Exercise prompt: Below are entries; output exactly the lines from the one with "mark_rescheduled uid id from row" to the one with "unfoldable pub note_history", both included, and nothing else.

[[ Material for this task, beginning ]]

-- ===== src/Plan/Saved.antt =====
-- `Save`, `Delete` and `Advance` of internal/plan/plan.go. A user's zone, which `Location` looks up, is a
-- parameter.
pub mod Rows
pub mod Table
pub mod Armed
use text.Mathlib.Text.{◌==◌ as str_eq}
use sajni_api.Prelude.{
  ℕ, ◌+◌, ◌==◌, Bool, true, false, ◌&&◌, Option, none, some, List, [], ◌∷◌, ◌++◌, String,
  if◌then◌else◌, Result, ok, err, ◌>>=◌,
}
use sajni_api.Calendar.Text.{Text}
use sajni_api.Calendar.Zone.{Zone}
use sajni_api.Plan.{PlanRow, PlanError, not_found, get, next}
use sajni_api.Plan.Input.{TextOps, SaveInput, Checked, normalize}

-- The table, the next id, and the alerts that were enqueued, each with its plan.
pub record Plans : Type 0 where
  pub rows : List PlanRow
  pub next_id : ℕ
  pub queue : List (ℕ × ℕ)

-- `enqueue`, where there is an alert.
abbrev pub enqueue : ℕ → Option ℕ → List (ℕ × ℕ) → List (ℕ × ℕ)
enqueue id none queue = queue
enqueue id (some time) queue = queue ++ (id, time) ∷ []

-- `WHERE user_id=$1 AND id=$2`
unfoldable pub is_plan : String → ℕ → PlanRow → Bool
is_plan uid id row = str_eq row.user_id uid && (row.id == id)

unfoldable pub update_plan : String → ℕ → (PlanRow → PlanRow) → List PlanRow → List PlanRow
update_plan uid id f [] = []
update_plan uid id f (row ∷ rows) =
    (if is_plan uid id row then f row else row) ∷ update_plan uid id f rows

unfoldable pub delete_plan : String → ℕ → List PlanRow → List PlanRow
delete_plan uid id [] = []
delete_plan uid id (row ∷ rows) =
    if is_plan uid id row then delete_plan uid id rows else row ∷ delete_plan uid id rows

abbrev pub is_missing : Option PlanRow → Bool
is_missing none = true
is_missing (some row) = false

abbrev pub found {ℓ} : {A : Type ℓ} → Option A → Result PlanError A
found none = err not_found
found (some row) = ok row

-- The row that `Save` inserts, and the columns that it replaces.
unfoldable pub new_plan : String → ℕ → Checked → Option ℕ → PlanRow
new_plan uid id checked alert = record {
  id = id;
  user_id = uid;
  name = checked.name;
  color = checked.color;
  weekdays = checked.weekdays;
  start_time = checked.start_time;
  notify = checked.notify;
  next_alert_at = alert;
  alert_claimed_until = none;
}

unfoldable pub replaced : Checked → Option ℕ → PlanRow → PlanRow
replaced checked alert row = new_plan row.user_id row.id checked alert

-- The insert or the update of `Save`, and the id of its row.
unfoldable pub store_plan : String → ℕ → Checked → Option ℕ → Plans → Result PlanError (ℕ × Plans)
store_plan uid id checked alert s =
    if id == 0
    then ok (
      s.next_id,
      record s {
        rows = s.rows ++ new_plan uid s.next_id checked alert ∷ [];
        next_id = s.next_id + 1;
      },
    )
    else if is_missing (get uid id s.rows)
    then err not_found
    else ok (id, record s { rows = update_plan uid id (replaced checked alert) s.rows })

-- The next alert, with notify on. `scan` is `fmt.Sscanf` with "%d:%d".
unfoldable pub alert_of : (Text → ℕ × ℕ) → Bool → List ℕ → Text → Zone → ℕ → Option ℕ
alert_of scan notify weekdays start_time loc after =
    if notify then next scan weekdays start_time loc after else none

-- `Save`
unfoldable pub save :
    TextOps
    → (Text → ℕ × ℕ)
    → (String → Zone)
    → ℕ
    → String
    → ℕ
    → SaveInput
    → Plans
    → Result PlanError (PlanRow × Plans)
save ops scan zone_of now uid id input s = do
  checked ← normalize ops input
  let alert = alert_of scan checked.notify checked.weekdays checked.start_time (zone_of uid) now
  stored ← store_plan uid id checked alert s
  row ← found (get uid stored.0 stored.1.rows)
  ok (row, record stored.1 { queue = enqueue stored.0 alert stored.1.queue })

-- `Delete`
unfoldable pub delete : String → ℕ → Plans → Result PlanError Plans
delete uid id s =
    if is_missing (get uid id s.rows)
    then err not_found
    else ok (record s { rows = delete_plan uid id s.rows })

-- `WHERE id=$1`
unfoldable pub find_plan : ℕ → List PlanRow → Option PlanRow
find_plan id [] = none
find_plan id (row ∷ rows) = if row.id == id then some row else find_plan id rows

unfoldable pub rearm : ℕ → Option ℕ → List PlanRow → List PlanRow
rearm id alert [] = []
rearm id alert (row ∷ rows) =
    (if row.id == id then record row { next_alert_at = alert; alert_claimed_until = none } else row)
    ∷ rearm id alert rows

-- `Advance`, which looks a plan up by its id alone.
unfoldable pub advance : (Text → ℕ × ℕ) → (String → Zone) → ℕ → ℕ → Plans → Result PlanError Plans
advance scan zone_of id after s = do
  row ← found (find_plan id s.rows)
  let alert = alert_of scan row.notify row.weekdays row.start_time (zone_of row.user_id) after
  ok (record s { rows = rearm id alert s.rows; queue = enqueue id alert s.queue })
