-- ===== src/Plan/AddTask.antt =====
-- `AddTask` of internal/plan/plan.go, over the tables of plans and of tasks. A transaction that
-- fails leaves every table as it was, so an error carries none.
pub mod Landed
use text.Mathlib.Text.{◌==◌ as str_eq}
use sajni_api.Prelude.{
  ℕ, ◌+◌, ◌*◌, ◌/◌, ◌==◌, Bool, true, false, not, ◌&&◌, ◌||◌, Option, none, some, List, [], ◌∷◌,
  ◌++◌, map, String, ltb, if◌then◌else◌, Result, ok, err, ◌>>=◌,
}
use sajni_api.Calendar.Text.{Text, text_eq, text_ltb, parse_date, format_date}
use sajni_api.Calendar.Zone.{Zone, local_day, clock, at}
use sajni_api.TaskRepeat.Advance.{Task, Due, Event, Store, find_task, update_task, has_row}
use sajni_api.Plan.{PlanRow, PlanError, no_task, occurrence}
use sajni_api.Plan.Saved.{find_plan}

abbrev pub found_task : Option Task → Result PlanError Task
found_task none = err no_task
found_task (some task) = ok task

-- The day of a date's midnight in the zone; a text that is not a date gives that of Go's zero time.
abbrev pub landing_day : Zone → Option ℕ → ℕ
landing_day loc none = 0
landing_day loc (some d) = local_day loc (at loc d 0)

-- A timed task keeps its hour and minute on the new date.
unfoldable pub moved_time : Zone → Text → Option ℕ → Option ℕ
moved_time loc date none = none
moved_time loc date (some scheduled) =
    some
      (at loc (landing_day loc (parse_date date)) (clock loc scheduled / 60000000000 * 60000000000))

abbrev pub is_open : String → Bool
is_open status = not (str_eq status "done") && not (str_eq status "scratched")

-- The row of `task_due_history`: inserted where there is none, and marked as rescheduled.
unfoldable pub mark_rescheduled : String → ℕ → Text → Due → Due
mark_rescheduled uid id from row =
    if str_eq row.user_id uid && (row.task_id == id) && text_eq row.due_date from
    then record row { outcome = "rescheduled" }
    else row

unfoldable pub write_rescheduled : String → ℕ → Text → List Due → List Due
write_rescheduled uid id from rows = map (mark_rescheduled uid id from) (
    if has_row uid id from rows
    then rows
    else rows
      ++ record { user_id = uid; task_id = id; due_date = from; outcome = "rescheduled" } ∷ [])

-- What a move off a past day writes.
unfoldable pub note_history : String → ℕ → Text → Text → Task → List Due → List Due
note_history uid id date today task rows = elim task.due_date [
  | none ↦ rows
  | some due ↦
      if not (text_eq due date) && text_ltb due today && is_open task.status
      then write_rescheduled uid id due rows
      else rows
]

abbrev event : String → ℕ → String → Text → Text → Event
event uid id kind from to = record {
  user_id = uid;
  task_id = id;
  kind = kind;
  from_val = from;
  to_val = to;
}

unfoldable pub note_move : String → ℕ → Text → Task → List Event → List Event
note_move uid id date task events = elim task.due_date [
  | none ↦ events
  | some due ↦
      if not (text_eq due date) then events ++ event uid id "rescheduled" due date ∷ [] else events
]

-- `scheduled_at IS DISTINCT FROM $5`
abbrev is_other : Option ℕ → Option ℕ → Bool
is_other none none = false
is_other (some t) (some u) = not (t == u)
is_other _ _ = true

-- The update of the row.
unfoldable pub planned : ℕ → Text → Option ℕ → Task → Task
planned plan_id date scheduled task = record task {
  plan_id = some plan_id;
  due_date = some date;
  week_of = none;
  month_of = none;
  scheduled_at = scheduled;
  reminded_at = if is_other task.scheduled_at scheduled then none else task.reminded_at;
}

-- " · "
abbrev dot : Text → Text → Text
dot name date = name ++ b' ' ∷ 194 ∷ 183 ∷ b' ' ∷ date

abbrev plan_name : Option PlanRow → Text
plan_name none = []
plan_name (some row) = row.name

-- The writes of the transaction.
unfoldable pub add_to : Zone → String → ℕ → ℕ → Text → Text → Text → Task → Store → Store
add_to loc uid plan_id id name date today task s = record s {
  tasks = update_task uid id (planned plan_id date (moved_time loc date task.scheduled_at)) s.tasks;
  history = note_history uid id date today task s.history;
  events = note_move uid id date task s.events ++ event uid id "planned" [] (dot name date) ∷ [];
}

-- The reminder that is enqueued after the commit.
abbrev pub reminder : ℕ → Task → Option ℕ → Option ℕ
reminder now task none = none
reminder now task (some time) =
    if task.remind && ltb now time && is_open task.status then some time else none

-- `AddTask`: the date that the task landed on, the reminder that was enqueued, and the tables.
unfoldable pub add_task :
    (Text → ℕ × ℕ)
    → Zone
    → ℕ
    → String
    → ℕ
    → ℕ
    → Text
    → List PlanRow
    → Store
    → Result PlanError (Text × Option ℕ × Store)
add_task scan loc now uid plan_id id text plans s = do
  place ← occurrence scan loc now uid plan_id text plans
  let date = place.0
  task ← found_task (find_task uid id s.tasks)
  let today = format_date (local_day loc now)
  let name = plan_name (find_plan plan_id plans)
  ok (
    date,
    reminder now task (moved_time loc date task.scheduled_at),
    add_to loc uid plan_id id name date today task s,
  )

[[ Material for this task, end ]]

Task output:
mark_rescheduled uid id from row =
    if str_eq row.user_id uid && (row.task_id == id) && text_eq row.due_date from
    then record row { outcome = "rescheduled" }
    else row

unfoldable pub write_rescheduled : String → ℕ → Text → List Due → List Due
write_rescheduled uid id from rows = map (mark_rescheduled uid id from) (
    if has_row uid id from rows
    then rows
    else rows
      ++ record { user_id = uid; task_id = id; due_date = from; outcome = "rescheduled" } ∷ [])

-- What a move off a past day writes.
unfoldable pub note_history : String → ℕ → Text → Text → Task → List Due → List Due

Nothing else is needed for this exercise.